## REQUIREMENT
Using the listing below, set down exactly the lines starting at the line that contains "pub row : AccessToken" and ending at the line that contains "let (_, w₃, saved, h₃)", both included, and no others.

## PROVIDED RECORDS
((

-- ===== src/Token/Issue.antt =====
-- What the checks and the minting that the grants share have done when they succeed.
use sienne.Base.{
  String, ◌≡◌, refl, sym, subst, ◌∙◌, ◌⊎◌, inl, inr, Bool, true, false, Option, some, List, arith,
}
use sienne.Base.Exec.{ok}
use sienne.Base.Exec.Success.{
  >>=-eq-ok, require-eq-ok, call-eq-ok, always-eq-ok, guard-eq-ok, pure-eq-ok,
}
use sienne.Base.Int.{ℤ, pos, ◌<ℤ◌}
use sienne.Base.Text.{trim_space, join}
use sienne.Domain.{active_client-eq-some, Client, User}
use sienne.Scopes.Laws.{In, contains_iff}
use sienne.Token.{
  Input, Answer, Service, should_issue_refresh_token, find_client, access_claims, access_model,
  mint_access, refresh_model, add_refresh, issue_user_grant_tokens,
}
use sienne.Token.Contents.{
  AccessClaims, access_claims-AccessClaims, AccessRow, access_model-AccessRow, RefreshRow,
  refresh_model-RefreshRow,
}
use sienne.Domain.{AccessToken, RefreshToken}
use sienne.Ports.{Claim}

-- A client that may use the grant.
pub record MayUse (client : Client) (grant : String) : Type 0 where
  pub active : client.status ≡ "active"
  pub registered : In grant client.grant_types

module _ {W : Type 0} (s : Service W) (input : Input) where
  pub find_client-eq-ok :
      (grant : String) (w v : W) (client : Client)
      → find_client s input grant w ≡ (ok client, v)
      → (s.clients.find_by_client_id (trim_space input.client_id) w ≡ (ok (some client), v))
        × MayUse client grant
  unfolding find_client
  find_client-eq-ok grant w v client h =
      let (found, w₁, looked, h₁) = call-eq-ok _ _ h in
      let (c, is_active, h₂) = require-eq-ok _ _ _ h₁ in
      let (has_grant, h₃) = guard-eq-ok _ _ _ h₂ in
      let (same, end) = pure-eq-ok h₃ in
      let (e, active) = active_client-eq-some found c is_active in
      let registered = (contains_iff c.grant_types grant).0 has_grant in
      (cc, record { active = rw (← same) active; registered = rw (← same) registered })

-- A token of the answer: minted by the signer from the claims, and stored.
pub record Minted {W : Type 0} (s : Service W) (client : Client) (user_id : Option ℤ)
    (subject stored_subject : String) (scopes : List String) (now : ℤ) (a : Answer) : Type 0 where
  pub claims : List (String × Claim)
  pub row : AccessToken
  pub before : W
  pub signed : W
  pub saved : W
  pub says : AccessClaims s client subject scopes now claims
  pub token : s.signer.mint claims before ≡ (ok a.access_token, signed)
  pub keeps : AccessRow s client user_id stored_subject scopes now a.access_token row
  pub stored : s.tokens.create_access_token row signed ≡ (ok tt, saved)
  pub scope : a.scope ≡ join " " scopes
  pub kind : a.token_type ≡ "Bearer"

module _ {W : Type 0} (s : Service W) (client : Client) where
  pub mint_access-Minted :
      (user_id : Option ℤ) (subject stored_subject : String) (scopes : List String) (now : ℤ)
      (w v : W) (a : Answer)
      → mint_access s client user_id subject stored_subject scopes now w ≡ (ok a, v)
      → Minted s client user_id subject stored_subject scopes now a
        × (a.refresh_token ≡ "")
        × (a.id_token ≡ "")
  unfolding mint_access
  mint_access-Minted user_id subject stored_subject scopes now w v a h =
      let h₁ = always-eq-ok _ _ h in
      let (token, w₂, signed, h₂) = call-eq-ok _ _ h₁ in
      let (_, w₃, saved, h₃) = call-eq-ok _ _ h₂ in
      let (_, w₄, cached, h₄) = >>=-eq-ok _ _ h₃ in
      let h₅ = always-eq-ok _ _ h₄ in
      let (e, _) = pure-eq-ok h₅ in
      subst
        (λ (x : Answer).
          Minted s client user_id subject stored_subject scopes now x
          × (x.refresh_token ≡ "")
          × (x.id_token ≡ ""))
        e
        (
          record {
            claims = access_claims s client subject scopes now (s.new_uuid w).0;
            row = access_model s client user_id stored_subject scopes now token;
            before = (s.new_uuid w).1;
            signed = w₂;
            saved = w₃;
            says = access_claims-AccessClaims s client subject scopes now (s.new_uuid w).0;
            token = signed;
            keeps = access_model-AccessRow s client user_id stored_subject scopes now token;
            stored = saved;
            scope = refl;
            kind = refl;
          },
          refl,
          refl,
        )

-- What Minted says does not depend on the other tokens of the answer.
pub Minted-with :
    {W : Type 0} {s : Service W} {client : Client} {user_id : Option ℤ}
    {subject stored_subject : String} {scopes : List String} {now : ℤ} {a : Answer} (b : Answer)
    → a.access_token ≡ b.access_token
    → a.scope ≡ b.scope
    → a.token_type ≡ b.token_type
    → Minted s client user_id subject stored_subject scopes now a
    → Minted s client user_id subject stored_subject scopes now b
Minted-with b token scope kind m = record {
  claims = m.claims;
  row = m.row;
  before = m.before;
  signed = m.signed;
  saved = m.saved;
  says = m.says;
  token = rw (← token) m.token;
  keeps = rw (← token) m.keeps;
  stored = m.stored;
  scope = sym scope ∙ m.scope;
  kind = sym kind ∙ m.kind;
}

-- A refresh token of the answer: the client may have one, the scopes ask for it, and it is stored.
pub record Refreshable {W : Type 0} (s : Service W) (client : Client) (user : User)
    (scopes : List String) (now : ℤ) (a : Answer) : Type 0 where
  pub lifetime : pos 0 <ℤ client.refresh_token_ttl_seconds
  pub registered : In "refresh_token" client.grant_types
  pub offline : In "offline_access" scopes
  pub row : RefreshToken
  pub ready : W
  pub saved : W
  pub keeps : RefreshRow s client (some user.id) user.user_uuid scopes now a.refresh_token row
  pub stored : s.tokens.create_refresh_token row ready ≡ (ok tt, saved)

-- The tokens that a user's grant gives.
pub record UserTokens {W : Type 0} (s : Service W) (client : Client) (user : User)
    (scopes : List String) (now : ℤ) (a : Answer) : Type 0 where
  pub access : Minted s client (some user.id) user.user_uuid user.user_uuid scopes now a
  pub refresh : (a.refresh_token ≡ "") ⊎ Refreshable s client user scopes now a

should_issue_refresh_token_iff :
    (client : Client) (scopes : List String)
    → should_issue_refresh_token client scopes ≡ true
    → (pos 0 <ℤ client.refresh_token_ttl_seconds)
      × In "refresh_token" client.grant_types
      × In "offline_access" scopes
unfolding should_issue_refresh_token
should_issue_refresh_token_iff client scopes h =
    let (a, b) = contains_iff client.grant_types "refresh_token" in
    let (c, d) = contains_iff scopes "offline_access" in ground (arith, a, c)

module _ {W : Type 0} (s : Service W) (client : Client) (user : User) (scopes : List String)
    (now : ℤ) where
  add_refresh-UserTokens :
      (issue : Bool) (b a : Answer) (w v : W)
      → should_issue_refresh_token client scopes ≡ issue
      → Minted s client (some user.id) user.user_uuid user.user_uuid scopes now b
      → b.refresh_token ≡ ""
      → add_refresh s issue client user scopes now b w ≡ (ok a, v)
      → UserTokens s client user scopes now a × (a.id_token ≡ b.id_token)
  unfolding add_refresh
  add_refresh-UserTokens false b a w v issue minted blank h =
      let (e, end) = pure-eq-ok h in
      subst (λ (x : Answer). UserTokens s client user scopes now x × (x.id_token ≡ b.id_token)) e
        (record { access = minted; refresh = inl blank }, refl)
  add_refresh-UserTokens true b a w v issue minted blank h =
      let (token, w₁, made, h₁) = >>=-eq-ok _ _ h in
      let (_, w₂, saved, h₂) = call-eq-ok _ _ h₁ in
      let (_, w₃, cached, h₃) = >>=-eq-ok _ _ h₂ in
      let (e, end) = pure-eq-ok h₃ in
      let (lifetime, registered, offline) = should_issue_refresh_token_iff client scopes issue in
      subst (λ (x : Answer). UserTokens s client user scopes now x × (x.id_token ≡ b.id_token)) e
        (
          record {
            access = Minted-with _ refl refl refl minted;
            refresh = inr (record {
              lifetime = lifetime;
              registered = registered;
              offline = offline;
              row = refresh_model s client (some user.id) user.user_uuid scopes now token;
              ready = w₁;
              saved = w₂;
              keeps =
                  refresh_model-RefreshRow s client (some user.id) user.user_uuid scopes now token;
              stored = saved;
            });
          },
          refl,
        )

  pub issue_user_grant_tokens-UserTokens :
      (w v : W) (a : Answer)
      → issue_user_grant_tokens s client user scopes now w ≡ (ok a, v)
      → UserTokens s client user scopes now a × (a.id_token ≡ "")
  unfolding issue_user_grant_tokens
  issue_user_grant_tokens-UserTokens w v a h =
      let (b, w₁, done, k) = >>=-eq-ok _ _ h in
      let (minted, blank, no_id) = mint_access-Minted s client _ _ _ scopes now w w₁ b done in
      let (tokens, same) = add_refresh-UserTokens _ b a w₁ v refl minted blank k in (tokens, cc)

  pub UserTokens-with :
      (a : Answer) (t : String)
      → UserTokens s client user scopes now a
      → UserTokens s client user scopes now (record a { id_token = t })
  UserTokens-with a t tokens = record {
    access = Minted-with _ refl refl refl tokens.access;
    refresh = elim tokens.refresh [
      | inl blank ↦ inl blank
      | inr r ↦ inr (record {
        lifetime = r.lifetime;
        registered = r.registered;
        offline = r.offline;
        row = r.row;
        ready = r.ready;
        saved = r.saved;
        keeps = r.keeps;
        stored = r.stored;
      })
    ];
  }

))

## ANSWER BOX
  pub row : AccessToken
  pub before : W
  pub signed : W
  pub saved : W
  pub says : AccessClaims s client subject scopes now claims
  pub token : s.signer.mint claims before ≡ (ok a.access_token, signed)
  pub keeps : AccessRow s client user_id stored_subject scopes now a.access_token row
  pub stored : s.tokens.create_access_token row signed ≡ (ok tt, saved)
  pub scope : a.scope ≡ join " " scopes
  pub kind : a.token_type ≡ "Bearer"

module _ {W : Type 0} (s : Service W) (client : Client) where
  pub mint_access-Minted :
      (user_id : Option ℤ) (subject stored_subject : String) (scopes : List String) (now : ℤ)
      (w v : W) (a : Answer)
      → mint_access s client user_id subject stored_subject scopes now w ≡ (ok a, v)
      → Minted s client user_id subject stored_subject scopes now a
        × (a.refresh_token ≡ "")
        × (a.id_token ≡ "")
  unfolding mint_access
  mint_access-Minted user_id subject stored_subject scopes now w v a h =
      let h₁ = always-eq-ok _ _ h in
      let (token, w₂, signed, h₂) = call-eq-ok _ _ h₁ in
      let (_, w₃, saved, h₃) = call-eq-ok _ _ h₂ in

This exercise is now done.